• [Work instruction]: Count the lines holding the string "noted" in the records, and give only the count.

(Collected data entries)

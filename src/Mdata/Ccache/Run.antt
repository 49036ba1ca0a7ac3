-- ===== src/Mdata/Ccache/Run.antt =====
-- Every operation of mdata/cache/ccache.go keeps its two maps in step.
use metrictank.Common.{
  ℕ, ◌≡◌, ◌⊎◌, refl, sym, ap, ◌∙◌, inl, inr, ◌&&◌, List, [], ◌∷◌, ◌++◌, Option, none, some, ltb,
  ◌==◌, ==_iff, if◌then◌else◌, arith, Bool-cases, Option-cases,
}
use metrictank.Common.Maps.{get, put, erase, get-erase}
use metrictank.Schema.{AmKey}
use metrictank.Chunk.IterGen.{IterGen}
use metrictank.Mdata.AggMetric.{◌>>=◌}
use metrictank.Mdata.Cache.{CacheMetric}
use metrictank.Mdata.Cache
use metrictank.Mdata.Cache.AddRange
use metrictank.Mdata.Accnt.{EvictTarget, Event, same_key}
use metrictank.Mdata.Accnt.Recent.{same_key_law}
use metrictank.Mdata.Ccache.{
  Ccache, has, set_or_none, track, update_metric, send, del_archives, last_ts, add, add_if_hot,
  add_range, del, reset, evict, Op, add_op, add_if_hot_op, add_range_op, del_op, evict_op, reset_op,
  run,
}
use metrictank.Mdata.Ccache.Keys.{is_tracked, KeepsKey, add-KeepsKey, add_range-KeepsKey, del-mkey}
use metrictank.Mdata.Ccache.Consistent.{
  is_some, IsConsistent, none-some, replaced, inserted, removed,
}

evict-IsConsistent : (c : Ccache) → IsConsistent c → (t : EvictTarget) → IsConsistent (evict c t)
unfolding evict
evict-IsConsistent c ok t = elim (Option-cases (get same_key t.metric c.metric_cache)) [
  | inl e ↦ rw (evict, e) ok
  | inr (m, e) ↦ elim (Bool-cases ((Cache.del m t.ts).1 == 0)) [
    | inl z ↦ rw (evict, e, z) (removed c ok t.metric m.mkey (ok.own_key t.metric m e))
    | inr nz ↦
        rw (evict, e, nz) (replaced c ok t.metric m (Cache.del m t.ts).0 e (del-mkey m t.ts) c.sent)
  ]
]

-- The metrics of some archives of a raw key are gone, and nothing else.
get-del_archives :
    (raw : ℕ) (archs : List ℕ) (c : Ccache) (k : AmKey)
    → (get same_key k (del_archives raw archs c).metric_cache
        ≡ (if raw == k.mkey && has k.archive archs then none else get same_key k c.metric_cache))
      × ((del_archives raw archs c).metric_raw_keys ≡ c.metric_raw_keys)
unfolding del_archives has
get-del_archives raw [] c k = (ground arith, refl)
get-del_archives raw (a ∷ as') c k =
    let j : AmKey = record { mkey = raw; archive = a } in
    let (e, same) = get-del_archives raw as' _ k in
    (e ∙ rw (get-erase same_key same_key_law k j c.metric_cache) (ground arith), same)

del-IsConsistent : (c : Ccache) (raw : ℕ) → IsConsistent c → IsConsistent (del c raw).0
unfolding del has
del-IsConsistent c raw ok = elim (Option-cases (get ◌==◌ raw c.metric_raw_keys)) [
  | inl e ↦ rw (del, e) ok
  | inr (archs, e) ↦ rw (del, e) (record { tracked = both archs e; own_key = own archs })
]
  where
    own :
        (archs : List ℕ) (k : AmKey) (m : CacheMetric)
        → get same_key k (del_archives raw archs c).metric_cache ≡ some m
        → m.mkey ≡ k.mkey
    own archs k m e = elim (Bool-cases (raw == k.mkey && has k.archive archs)) [
      | inl s ↦ absurd (none-some (rw ((get-del_archives raw archs c k).0, s) at e))
      | inr d ↦ ok.own_key k m (rw ((get-del_archives raw archs c k).0, d) at e)
    ]

    both :
        (archs : List ℕ)
        → get ◌==◌ raw c.metric_raw_keys ≡ some archs
        → (k : AmKey)
        → is_some (get same_key k (del_archives raw archs c).metric_cache)
          ≡ is_tracked k (erase ◌==◌ raw (del_archives raw archs c).metric_raw_keys)
    both archs e k =
        let (g, same) = get-del_archives raw archs c k in
        rw (g, same, get-erase ◌==◌ ==_iff k.mkey raw c.metric_raw_keys)
          (elim (Bool-cases (raw == k.mkey)) [
            | inr d ↦ rw d (ok.tracked k)
            | inl s ↦ elim (Bool-cases (has k.archive archs)) [
              | inl h ↦ rw (s, h) refl
              | inr h ↦
                  let r : raw ≡ k.mkey = ground arith in
                  let noted : get ◌==◌ k.mkey c.metric_raw_keys ≡ some archs =
                    ap (λ t. get ◌==◌ t c.metric_raw_keys) (sym r) ∙ e in
                  rw (s, h) (ok.tracked k ∙ ap (λ o. has k.archive (set_or_none o)) noted ∙ h)
            ]
          ])

-- The outcome of an operation that may panic in the cache of a metric.
abbrev pub Fine : Option Ccache → Type 0
Fine none = Unit
Fine (some c') = IsConsistent c'

update_metric-Fine :
    (c : Ccache) (k : AmKey) (f : CacheMetric → Option CacheMetric) (e : Event)
    → IsConsistent c
    → ((m : CacheMetric) → KeepsKey m (f m))
    → Fine (update_metric c k f >>= λ c'. some (send c' e))
unfolding update_metric Cache.new
update_metric-Fine c k f e ok keeps = elim (Option-cases (get same_key k c.metric_cache)) [
  | inl absent ↦ rw (absent, ◌>>=◌) (fresh (f (Cache.new k.mkey)) (keeps (Cache.new k.mkey)))
  | inr (m, there) ↦ rw (there, ◌>>=◌) (again m there (f m) (keeps m))
]
  where
    fresh :
        (o : Option CacheMetric)
        → KeepsKey (Cache.new k.mkey) o
        → Fine (
            (o >>= λ m. some (record c {
              metric_cache = put same_key k m c.metric_cache;
              metric_raw_keys = track k c.metric_raw_keys;
            }))
            >>= λ c'. some (send c' e))
    fresh none h = tt
    fresh (some m) h = inserted c ok k m h (c.sent ++ e ∷ [])

    again :
        (m : CacheMetric)
        → get same_key k c.metric_cache ≡ some m
        → (o : Option CacheMetric) → KeepsKey m o
        → Fine (
            (o >>= λ m'. some (record c { metric_cache = put same_key k m' c.metric_cache }))
            >>= λ c'. some (send c' e))
    again m there none h = tt
    again m there (some m') h = replaced c ok k m m' there h (c.sent ++ e ∷ [])

add_if_hot-Fine :
    (c : Ccache) (k : AmKey) (prev : ℕ) (g : IterGen)
    → IsConsistent c
    → Fine (add_if_hot c k prev g)
unfolding add_if_hot
add_if_hot-Fine c k prev g ok = elim (Option-cases (get same_key k c.metric_cache)) [
  | inl absent ↦ rw (add_if_hot, absent) ok
  | inr (m, there) ↦ elim (Option-cases (last_ts m)) [
    | inl e ↦ rw (add_if_hot, there, e, ◌>>=◌) tt
    | inr (last, e) ↦ elim (Bool-cases (ltb last g.t0)) [
      | inl cold ↦ rw (add_if_hot, there, e, ◌>>=◌, cold) ok
      | inr hot ↦
          rw (add_if_hot, there, e, ◌>>=◌, hot)
            (go m there (Cache.add m prev g) (add-KeepsKey m prev g))
    ]
  ]
]
  where
    go :
        (m : CacheMetric)
        → get same_key k c.metric_cache ≡ some m
        → (o : Option CacheMetric) → KeepsKey m o
        → Fine (o >>= λ m'. some (record c { metric_cache = put same_key k m' c.metric_cache }))
    go m there none h = tt
    go m there (some m') h = replaced c ok k m m' there h c.sent

-- An operation that adds chunks, and so may panic in the cache of a metric.
abbrev pub Adds : Op → Type 0
Adds (add_op k prev g) = Unit
Adds (add_if_hot_op k prev g) = Unit
Adds (add_range_op k prev gs) = Unit
Adds op = ⊥

Fine-Adds :
    (o : Option Ccache) (op : Op)
    → Adds op
    → Fine o
    → ((o ≡ none) × Adds op) ⊎ ((c' : Ccache) × (o ≡ some c') × IsConsistent c')
Fine-Adds none op a h = inl (refl, a)
Fine-Adds (some c') op a h = inr (c', refl, h)

-- Whatever the operation, a cache whose two maps are in step is left with its maps in step: a metric
-- is cached exactly when its archive is noted under its raw key, and knows its raw key. Only an
-- operation that adds chunks may panic instead.
pub run-IsConsistent :
    (c : Ccache) (op : Op)
    → IsConsistent c
    → ((run c op ≡ none) × Adds op) ⊎ ((c' : Ccache) × (run c op ≡ some c') × IsConsistent c')
unfolding run add add_range reset get has
run-IsConsistent c (add_op k prev g) ok =
    Fine-Adds (add c k prev g) (add_op k prev g) tt
      (update_metric-Fine c k (λ m. Cache.add m prev g) _ ok (λ m. add-KeepsKey m prev g))
run-IsConsistent c (add_if_hot_op k prev g) ok =
    Fine-Adds (add_if_hot c k prev g) (add_if_hot_op k prev g) tt (add_if_hot-Fine c k prev g ok)
run-IsConsistent c (add_range_op k prev []) ok = inr (c, refl, ok)
run-IsConsistent c (add_range_op k prev (g ∷ gs)) ok =
    Fine-Adds (add_range c k prev (g ∷ gs)) (add_range_op k prev (g ∷ gs)) tt (
      update_metric-Fine c k (λ m. AddRange.add_range m prev (g ∷ gs)) _ ok
        (λ m. add_range-KeepsKey m prev (g ∷ gs)))
run-IsConsistent c (del_op raw) ok = inr ((del c raw).0, refl, del-IsConsistent c raw ok)
run-IsConsistent c (evict_op t) ok = inr (evict c t, refl, evict-IsConsistent c ok t)
run-IsConsistent c reset_op ok = inr ((reset c).0, refl, reset-IsConsistent)
  where
    reset-IsConsistent : IsConsistent (reset c).0
    reset-IsConsistent = record { tracked = λ k. refl; own_key = λ k m e. absurd (none-some e) }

• [Task result]: 3